The Directive sets out reasonably clear lines of responsibility for system development, testing and evaluation, equipment/weapons training, as well as developing doctrine, tactics, techniques and procedures. The explicit purpose of the Directive is to establish guidelines to “minimize the probability and consequences of failures in autonomous and semi-autonomous weapons systems that could lead to unintended engagements.” These “unintended engagements” refer to “the use of force resulting in damage to persons or objects that human operators did not intend to be the targets of US military operations, including unacceptable levels of collateral damage beyond those consistent with the law of war, ROE, and commander’s intent.”
Of course, the Directive raises as many questions as it answers. One of the key worries was the extent to which the policy could be avoided in certain circumstances. It has been argued that the Directive erodes the notion of “proper authority” and gave cause for concern in terms of the US military compliance with the International legal framework.

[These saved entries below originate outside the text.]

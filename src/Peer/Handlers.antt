-- ===== src/Peer/Handlers.antt =====
-- The handlers of PeerNetwork that the dispatcher runs: a connection is set up or torn down, a ping or
-- a pong arrives. `send_msg` and `disp_terminate` are recorded in the log.
pub mod Agreement
pub mod Teardown
use salticidae.Base.{
  ℕ, Bool, true, false, ◌&&◌, ◌||◌, not, List, [], ◌∷◌, Option, none, some, Exception,
  peer_not_match, ◌==◌, if◌then◌else◌, ltb, dec_pos, is_nonzero,
}
use salticidae.NetAddr.{NetAddr, null_addr, is_null, is_eq}
use salticidae.Peer.{
  passive_nonce, Conn, ConnMode, active, passive, Peer, PeerState, disconnected, connected, reset,
  Delay, Ping, ping, pong, Config, State, Outcome, sends, terminates, resets_timeout, tells,
  tells_unknown, replays, fails,
}
use salticidae.Peer.Store.{
  Action, ◌>>=◌, ◌>>◌, pure, throw, assert, when, given, emit, conn_at, peer_at, put_peer,
  change_peer, known, erase_pending, caught,
}
use salticidae.Peer.Session.{
  get_nonce, get_peer_id, is_disconnected, is_connected, add_retry, reset_ping_timer, send_ping,
  finish_handshake, replace_pending_conn,
}

abbrev is_active : ConnMode → Bool
is_active active = true
is_active passive = false

own_addr : Action NetAddr
own_addr s = Outcome.done s.listen_addr s

greet : Config → ℕ → Conn → Option ℕ → Action Unit
unfolding own_addr
greet config c k none =
    if k.manual
    then (do a ← own_addr; emit (sends c (ping (some (record { claimed_addr = a; nonce = 0 })))))
    else throw peer_not_match
greet config c k (some q) = do
  a ← own_addr
  nonce ← get_nonce config q
  emit (sends c (ping (some (record { claimed_addr = a; nonce = nonce }))))

pub on_dispatcher_setup : Config → ℕ → Action Unit
unfolding greet
on_dispatcher_setup config c = do
  k ← conn_at c
  emit (resets_timeout c)
  found ← known (get_peer_id config k.cert k.addr)
  if is_active k.mode then greet config c k found else replace_pending_conn c

abbrev retry_delay : PeerState → Delay
retry_delay reset = Delay.immediate
retry_delay disconnected = Delay.random
retry_delay connected = Delay.random

-- The two ends of the teardown of a peer's connection: with a deferred ping, and without.
lost : ℕ → ℕ → Option Ping → Action Unit
lost c q (some m) = do
  p ← peer_at q
  emit (replays c m p.inbound_conn)
  put_peer q (record p { inbound_conn = none; inbound_preempt_ping = none })
lost c q none = do
  emit (tells c false)
  change_peer q (λ p. record p { inbound_conn = none; cur_ntry = dec_pos p.cur_ntry })
  p ← peer_at q
  if is_nonzero p.cur_ntry
      then (do put_peer q (record p { nonce = 0 }); add_retry q (retry_delay p.state))
      else put_peer q (record p { nonce = passive_nonce })

ended : ℕ → ℕ → Peer → Action Unit
ended c q p = do
  assert (p.conn == c)
  put_peer q (record p { state = disconnected; outbound_conn = none; ping_timer_armed = false })

teardown : ℕ → Conn → Option ℕ → Action Unit
unfolding ended lost
teardown c k none s = Outcome.done tt s
teardown c k (some q) s =
    when (not (is_active k.mode && k.manual))
      (do
        p ← peer_at q
        when (not (is_disconnected p.state)) (ended c q p)
        lost c q p.inbound_preempt_ping)
      s

pub on_dispatcher_teardown : ℕ → Action Unit
unfolding teardown
on_dispatcher_teardown c = do k ← conn_at c; erase_pending k.addr; teardown c k k.peer

abbrev is_free : Option ℕ → Bool
is_free none = true
is_free (some q) = false

-- A stale handshake connection, other than the new one, is terminated.
drop_stale : Option ℕ → ℕ → Action Unit
drop_stale old c =
    given old
      (λ o. when (not (o == c)) (do k ← conn_at o; assert (is_free k.peer); emit (terminates o)))

answer : Config → Ping → ℕ → ℕ → Peer → PeerState → Action Unit
unfolding own_addr drop_stale
answer config m c q p connected = do
  put_peer q
      (record p { inbound_preempt_ping = some m; inbound_conn = some c; nonce = passive_nonce })
  emit (terminates p.conn)
answer config m c q p reset = pure tt
answer config m c q p disconnected = do
  a ← own_addr
  nonce ← get_nonce config q
  emit (sends c (pong (some (record { claimed_addr = a; nonce = nonce }))))
  drop_stale p.inbound_conn c
  change_peer q (λ r. record r { inbound_conn = some c })
  if ltb m.nonce nonce || is_null p.addr
      then (do change_peer q (λ r. record r { chosen_conn = some c }); finish_handshake q)
      else emit (terminates c)

inbound : Config → Ping → ℕ → Conn → Option ℕ → Action Unit
unfolding answer
inbound config m c k none = do emit (tells_unknown m.claimed_addr k.cert); emit (terminates c)
inbound config m c k (some q) =
    when (not (m.nonce == 0)) (do p ← peer_at q; answer config m c q p p.state)

greeted : Config → Ping → ℕ → Conn → Action Unit
unfolding inbound
greeted config m c k =
    if is_null m.claimed_addr
    then emit (sends c (pong none))
    else when (not (is_active k.mode))
        (do found ← known (get_peer_id config k.cert m.claimed_addr); inbound config m c k found)

-- The body of `ping_handler`. Without a flag the claimed address is null.
pub ping_handler : Config → Option Ping → ℕ → Action Unit
unfolding greeted
ping_handler config m c s =
    caught fails ((do k ← conn_at c; when (not k.terminated) (on_message m k)) s)
  where
    on_message : Option Ping → Conn → Action Unit
    on_message none k = emit (sends c (pong none))
    on_message (some m) k = greeted config m c k

-- A pong on a connection that `pong_handler` has looked up.
accept : Config → Ping → ℕ → ℕ → Peer → Action Unit
unfolding drop_stale
accept config m c q p = when (is_disconnected p.state && is_eq p.addr m.claimed_addr) (do
  drop_stale p.outbound_conn c
  change_peer q (λ r. record r { outbound_conn = some c })
  nonce ← get_nonce config q
  if ltb nonce m.nonce
      then (do
        change_peer q (λ r. record r { chosen_conn = some c })
        reset_ping_timer q
        finish_handshake q)
      else emit (terminates c))

outbound : Config → Ping → ℕ → Conn → Option ℕ → Action Unit
unfolding accept
outbound config m c k none = emit (terminates c)
outbound config m c k (some q) = do
  p ← peer_at q
  assert (not (is_null p.addr) && is_eq p.addr k.addr)
  accept config m c q p

-- A heartbeat's pong.
beat : Option ℕ → Action Unit
beat none = pure tt
beat (some q) = do
  change_peer q (λ p. record p { pong_msg_ok = true })
  p ← peer_at q
  when p.ping_timer_ok (do reset_ping_timer q; send_ping q)

answered : Config → Ping → ℕ → Conn → Action Unit
unfolding outbound beat
answered config m c k =
    if is_null m.claimed_addr
    then beat k.peer
    else when (is_active k.mode)
        (do found ← known (get_peer_id config k.cert k.addr); outbound config m c k found)

-- The body of `pong_handler`.
pub pong_handler : Config → Option Ping → ℕ → Action Unit
unfolding answered beat
pong_handler config m c s =
    caught fails ((do k ← conn_at c; when (not k.terminated) (on_message m k)) s)
  where
    on_message : Option Ping → Conn → Action Unit
    on_message none k = beat k.peer
    on_message (some m) k = answered config m c k
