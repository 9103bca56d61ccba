-- ===== src/Peer/Session/Nonces.antt =====
-- What `get_nonce` gives.
use salticidae.Base.{
  ℕ, ◌+◌, ◌≡◌, refl, ap, Bool, true, false, Option, none, some, ◌==◌, if◌then◌else◌,
}
use salticidae.Peer.{Peer, Config, State, done}
use salticidae.Peer.Store.{pure, update}
use salticidae.Peer.Session.{get_nonce, drawn}

abbrev bumped : Option ℕ → Option ℕ
bumped none = none
bumped (some n) = some (n + 1)

-- The nonce that `get_nonce` returns, if it does not throw.
abbrev pub nonce_of : Config → Peer → Option ℕ
nonce_of config p = if p.nonce == 0 then bumped config.rand_bytes else some p.nonce

abbrev pub with_peer : ℕ → Peer → State → State
with_peer q p s = record s { peers = update q (some p) s.peers }

drawn_lem :
    (z : Bool) (r : Option ℕ) (n b : ℕ) (s : State)
    → (if z then bumped r else some n) ≡ some b
    → (if z then drawn r else pure n) s ≡ done b s
unfolding drawn
drawn_lem true none n b s h = cc
drawn_lem true (some k) n b s h = ap (λ x. done x s) (ap held h)
  where
    held : Option ℕ → ℕ
    held none = 0
    held (some x) = x
drawn_lem false r n b s h = ap (λ x. done x s) (ap held h)
  where
    held : Option ℕ → ℕ
    held none = 0
    held (some x) = x

-- The nonce is kept in the Peer.
pub get_nonce-done :
    (config : Config) (q b : ℕ) (p : Peer) (s : State)
    → s.peers q ≡ some p
    → nonce_of config p ≡ some b
    → get_nonce config q s ≡ done b (with_peer q (record p { nonce = b }) s)
unfolding get_nonce
get_nonce-done config q b p s e h =
    rw (e, drawn_lem (p.nonce == 0) config.rand_bytes p.nonce b s h) refl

In conclusion: in my view the UK Government is correct that International Humanitarian Law already provides an extensive and – potentially – adequate legal framework relating the introduction and control of battlefield AI systems – at least at the moment.
In my view the likelihood of a ban on AI weaponry having the effect of preventing AI weaponry getting in to the “wrong hands” is not likely to be effective. AI is becoming pervasive and the “bad guys” are probably already in the process of developing AI weaponry.
I’m less convinced that the UK government is correct in saying that battlefield AI systems would not be capable of satisfying International Humanitarian Law. The pace of AI is developing rapidly and AI systems may become just as good if not better than humans and making the types of value judgements that are made on the battlefield within a relatively short timescale.